= Antoine de Longueval =

French composer

Antoine de Longueval (fl. 1498–1525) was a French singer and composer of the Renaissance. A contemporary of Josquin des Prez, he was singing master of the French royal chapel under King Francis I, and was important in the history of the polyphonic setting of the Passion.

==Life==
Little is known about his early life, not even his approximate birthdate, but he was probably from the village of Longueval in the Somme region of Picardy (scene of much heavy fighting during the Somme battles in 1916). By 1498, court records indicate that he was employed by Anne of Brittany, and between 1502 and 1504 he was a singer at the Savoy court, where his high pay indicates the respect he was accorded as a musician. From there he went to Ferrara, where he was a singer between December 1503 and September 1504; therefore he was there at the same time as Josquin des Prez. It is presumed that he wrote his most famous composition, the passion setting Passio Domini nostri for Holy Week of 1504, the same event for which Josquin's famous Miserere was likely written.

Why he left Ferrara is not known, but he may have fled an outbreak of the plague, as did Josquin and a large proportion of the town's population. In 1507 he is listed as a member of the group of private musicians of the French king, Louis XII, and in 1515, Francis I promoted him to maître de chapelle (singing master) of the royal chapel. That same year he went to Italy with the French king, along with composer Jean Mouton, where Pope Leo X made both composers apostolic notaries. On returning to France, Longueval was further honored by being made a canon of Notre Dame de Paris, a position he resigned in 1519 in order to become abbot of the Benedictine priory in Longueval, the probable town of his birth. Alfonso I, the Duke of Ferrara, made one more attempt to get him to return to his opulent musical establishment in Italy, but evidently was not successful. The last mention of Longueval is at the French court in 1525, and it is presumed he may have died shortly after.

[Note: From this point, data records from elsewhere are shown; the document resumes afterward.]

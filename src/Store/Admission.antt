-- ===== src/Store/Admission.antt =====
-- internal/postgres/session_admission.go and direct.go: one transaction admits a Session under its
-- caller's key, or meets the Session that the key already names.
-- What `ownershipNonce` reads from crypto/rand is an argument. The Session is read again after the
-- commit, in the state that was committed.
pub mod Fresh
pub mod Replay
use dorf.Base.{
  ℕ, Bool, true, false, not, ◌&&◌, ◌||◌, Option, none, some, [], ◌∷◌, ◌++◌, Text, txt, ◌==◌, eqb,
  leb, all, length, is_some, if◌then◌else◌,
}
use dorf.Base.Results.{
  Result, ok, err, Error, not_found, no_rows, message, constraint, admission_conflict,
  direct_admission_conflict, joined, Done,
}
use dorf.Std.Strings.{trim_space}
use dorf.Core.Domain.{pending, Session, Sandbox, session_id, main_sandbox_name, default_sandbox}
use dorf.Core.Admission.{SessionAdmission, is_valid_client_reference}
use dorf.Store.Table.{Table, get, put, any_row}
use dorf.Store.Tasks.{schedule_session_task}
use dorf.Store.Profiles.{lock_admission_profile_revision}
use dorf.Store.Sandboxes.{find_sandbox, find_session}
use dorf.Store.Db.{
  SessionRow, SandboxRow, ResourceRow, Db, Absurd, Tx, ◌>>=◌, ◌>>◌, pure, fail, refuse_if, branch,
}

abbrev pub trimmed : SessionAdmission → SessionAdmission
trimmed a = record a {
  admission_key = trim_space a.admission_key;
  sandbox_profile = trim_space a.sandbox_profile;
  provider_connection = trim_space a.provider_connection;
  model = trim_space a.model;
  reasoning_effort = trim_space a.reasoning_effort;
}

abbrev pub is_effort : Text → Bool
is_effort t = t == txt "low" || (t == txt "medium" || (t == txt "high" || t == txt "xhigh"))

abbrev pub is_complete_admission : SessionAdmission → Bool
is_complete_admission a = not (
    a.admission_key == []
    || (a.sandbox_profile == [] || (a.provider_connection == [] || a.model == [])))

unfoldable pub normalize_core_admission : SessionAdmission → Result SessionAdmission
normalize_core_admission a = elim (is_valid_client_reference a.client_reference) [
  | false ↦ err (message "invalid client reference")
  | true ↦ elim (is_complete_admission (trimmed a)) [
    | false ↦ err (message "admission requires key, Sandbox profile, AI connection, model")
    | true ↦ elim (is_effort (trimmed a).reasoning_effort) [
      | false ↦ err (message "reasoning effort must be low, medium, high, or xhigh")
      | true ↦ ok (trimmed a)
    ]
  ]
]

-- `GetAdmittedSessionForUpdate`: admission keys are unique.
unfoldable pub session_by_key : Text → Table SessionRow → Option (Text × SessionRow)
session_by_key key [] = none
session_by_key key ((id, r) ∷ t) =
    let rest = session_by_key key t in if r.admission_key == key then some (id, r) else rest

-- A row with the table's defaults.
abbrev pub admitted_row : SessionAdmission → Text → ℕ → SessionRow
admitted_row a revision now = record {
  admission_key = a.admission_key;
  agents_md = a.agents_md;
  created_by_client_id = a.created_by_client_id;
  client_reference = a.client_reference;
  sandbox_profile = a.sandbox_profile;
  sandbox_profile_revision = revision;
  provider_connection = a.provider_connection;
  model = a.model;
  reasoning_effort = a.reasoning_effort;
  keep_running = a.keep_running;
  admission_open = true;
  cleanup_state = pending;
  thread_id = none;
  native_revision = 0;
  native_pending_input_id = none;
  native_pending_turn_id = none;
  execution_attention = none;
  cleanup_attention = none;
  sandbox_last_active_at = some now;
  admitted_at = now;
  cleaned_at = none;
}

-- The foreign key of `created_by_client_id`; the empty text is stored as null.
abbrev pub is_known_client : Text → Db → Bool
is_known_client id db = id == [] || is_some (get id db.clients)

-- `insert … on conflict do nothing`, by the identity or the key.
abbrev pub insert_admitted_session : Text → SessionAdmission → Text → Tx ℕ
insert_admitted_session id a revision db =
    elim (is_some (get id db.sessions) || is_some (session_by_key a.admission_key db.sessions)) [
      | true ↦ ok (0, db)
      | false ↦ elim (is_known_client a.created_by_client_id db) [
        | false ↦ err (constraint "sessions")
        | true ↦
            ok (1, record db { sessions = put id (admitted_row a revision db.clock) db.sessions })
      ]
    ]

abbrev pub get_admitted_session : Text → Tx (Text × SessionRow)
get_admitted_session key db = elim (session_by_key key db.sessions) [
  | none ↦ err no_rows
  | some found ↦ ok (found, db)
]

-- The stored admission is the caller's, whoever the caller is.
abbrev pub same_admission : SessionRow → SessionAdmission → Bool
same_admission r a =
    r.client_reference == a.client_reference
    && (r.admission_key == a.admission_key
        && (r.agents_md == a.agents_md
            && (r.sandbox_profile == a.sandbox_profile
                && (r.provider_connection == a.provider_connection
                    && (r.model == a.model
                        && (r.reasoning_effort == a.reasoning_effort
                            && (if r.keep_running then a.keep_running else not a.keep_running)))))))

is_hex : ℕ → Bool
is_hex c = leb b'0' c && leb c b'9' || leb b'a' c && leb c b'f'

-- `^[0-9a-f]{64}$`.
unfoldable pub is_sha256_digest : Text → Bool
unfolding is_hex
is_sha256_digest t = eqb (length t) 64 && all is_hex t

-- The first resource of a Sandbox.
abbrev pub initial_resource : Text → Text
initial_resource sandbox = sandbox ++ txt ":initial"

-- `ReserveSandbox`: the Sandbox, unless its identity or its name in the Session is taken, and then
-- its first resource.
abbrev pub reserve_sandbox : Text → Text → Text → Text → Tx ℕ
reserve_sandbox id session name nonce db =
    elim (is_some (get id db.sandboxes)
      || any_row (λ k s. s.session_id == session && s.name == name) db.sandboxes) [
        | true ↦ ok (0, db)
        | false ↦ elim (is_some (get (initial_resource id) db.resources)) [
          | true ↦ err (constraint "sandbox_resources")
          | false ↦ ok (
            1,
            record db {
              sandboxes =
                  put id
                    (record {
                      session_id = session;
                      name = name;
                      active_resource_id = initial_resource id;
                    })
                    db.sandboxes;
              resources =
                  put (initial_resource id)
                    (record {
                      sandbox_id = id;
                      ownership_nonce = nonce;
                      provider_id = none;
                      reserved_at = db.clock;
                      observed_at = none;
                      deleted_at = none;
                    })
                    db.resources;
            },
          )
        ]
      ]

abbrev pub is_reserved : Text → Text → Sandbox → Bool
is_reserved session sandbox s =
    s.id == sandbox
    && (s.session_id == session
        && (s.name == default_sandbox && is_sha256_digest s.ownership_nonce))

abbrev pub check_reserved : Text → Text → Tx Done
check_reserved session sandbox db = elim (find_sandbox db sandbox) [
  | none ↦ err not_found
  | some s ↦
      refuse_if (not (is_reserved session sandbox s))
        "default Sandbox conflicts with its exact owned identity" db
]

-- A statement that fails, by an error or a count, fails the transaction: only a count is met by
-- reading what stands there.
unfoldable pub reserve_admitted_sandbox : Text → Text → Result Text → Tx Done
reserve_admitted_sandbox session sandbox (err e) db = err e
reserve_admitted_sandbox session sandbox (ok nonce) db =
    elim (reserve_sandbox sandbox session default_sandbox nonce db) [
      | err e ↦ err e
      | ok (n, db') ↦ branch (eqb n 1) (pure tt) (check_reserved session sandbox) db'
    ]

abbrev pub direct_task_name : Text
direct_task_name = txt "dorf-direct-session-v1"

abbrev pub direct_task_key : Text → Text
direct_task_key session = txt "direct-session:v1:" ++ session

unfoldable pub insert_or_find : SessionAdmission → Tx ((Text × SessionRow) × ℕ)
insert_or_find a db = elim (session_by_key a.admission_key db.sessions) [
  | some found ↦ ok ((found, 0), db)
  | none ↦ elim (lock_admission_profile_revision a.sandbox_profile db) [
    | err e ↦ err e
    | ok (revision, db1) ↦
        elim (insert_admitted_session (session_id a.admission_key) a revision db1) [
          | err e ↦ err e
          | ok (n, db2) ↦ elim (get_admitted_session a.admission_key db2) [
            | err e ↦ err e
            | ok (found, db3) ↦ ok ((found, n), db3)
          ]
        ]
  ]
]

module _ (service : Absurd) where
  -- The part of `admitSession` for one stored row: its Sandbox, its task, and the Session read.
  unfoldable pub settle_admission : Text → Result Text → ℕ → Tx (Session × Bool)
  settle_admission id nonce n db =
      elim (reserve_admitted_sandbox id (main_sandbox_name id) nonce db) [
        | err e ↦ err e
        | ok (_, db1) ↦
            elim (schedule_session_task service id direct_task_name (direct_task_key id) db1) [
              | err e ↦ err e
              | ok (_, db2) ↦ elim (find_session db2 id) [
                | none ↦ err not_found
                | some s ↦ ok ((s, eqb n 1), db2)
              ]
            ]
      ]

  unfoldable pub admit_session : SessionAdmission → Result Text → Tx (Session × Bool)
  admit_session a nonce db = elim (insert_or_find a db) [
    | err e ↦ err e
    | ok (((id, r), n), db1) ↦ elim (same_admission r a) [
      | false ↦ err admission_conflict
      | true ↦ settle_admission id nonce n db1
    ]
  ]

  abbrev pub as_direct : Error → Error
  as_direct admission_conflict = joined direct_admission_conflict admission_conflict
  as_direct e = e

  -- `AdmitDirect`.
  unfoldable pub admit_direct : SessionAdmission → Result Text → Tx (Session × Bool)
  admit_direct a nonce db = elim (normalize_core_admission a) [
    | err e ↦ err e
    | ok b ↦ elim (admit_session b nonce db) [ ok r ↦ ok r | err e ↦ err (as_direct e) ]
  ]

His colleague at the chapelle royale, Pierre Moulu, pays tribute to Longueval in his "musicians' motet" Mater floreat (from a manuscript presented to Lorenzo II de’ Medici at his wedding in 1518) which after paying tribute to the leading composers of Europe, from Du Fay, Regis, Busnois, Basiron, Alexander Agricola, Jacob Obrecht, and Josquin, turns to Louis XII's own composers giving first and longest place to Longueval.

==Works==
Longueval's surviving attributed works consist of two motets, two chansons, and attribution of the famous Passion setting Passio Domini nostri Jesu Christi for four voices. He wrote at least one mass setting, which was documented as being sent to Ferrara, but it either has not survived or has survived anonymously.

Passio Domini nostri is unusual for being a polyphonic setting of much of the Passion text from the Gospel of St. Matthew and the other three Gospels, especially that of St. John, with variation in texture, rhythmic character, scoring, and other musical attributes depending on the speaker and the context. It was enormously influential on Lutheran musicians in Germany throughout the 16th century, and was much imitated. The passion was recorded under the direction of Roger Blanchard and Pierre Poulteau in 1964. Finnish ensemble Kuninkaantien muusikot (Musicians of the King's Road) has performed the Passion as a part of its early passions cycle. The performance took place in Turku Cathedral in 2017, the year of the 500th anniversary of the Reformation.

The chansons by Longueval show both archaic characteristics, in that they partially abide by the 15th century convention of the formes fixes, but they also are progressive in their use of imitation, which may be an influence of Josquin.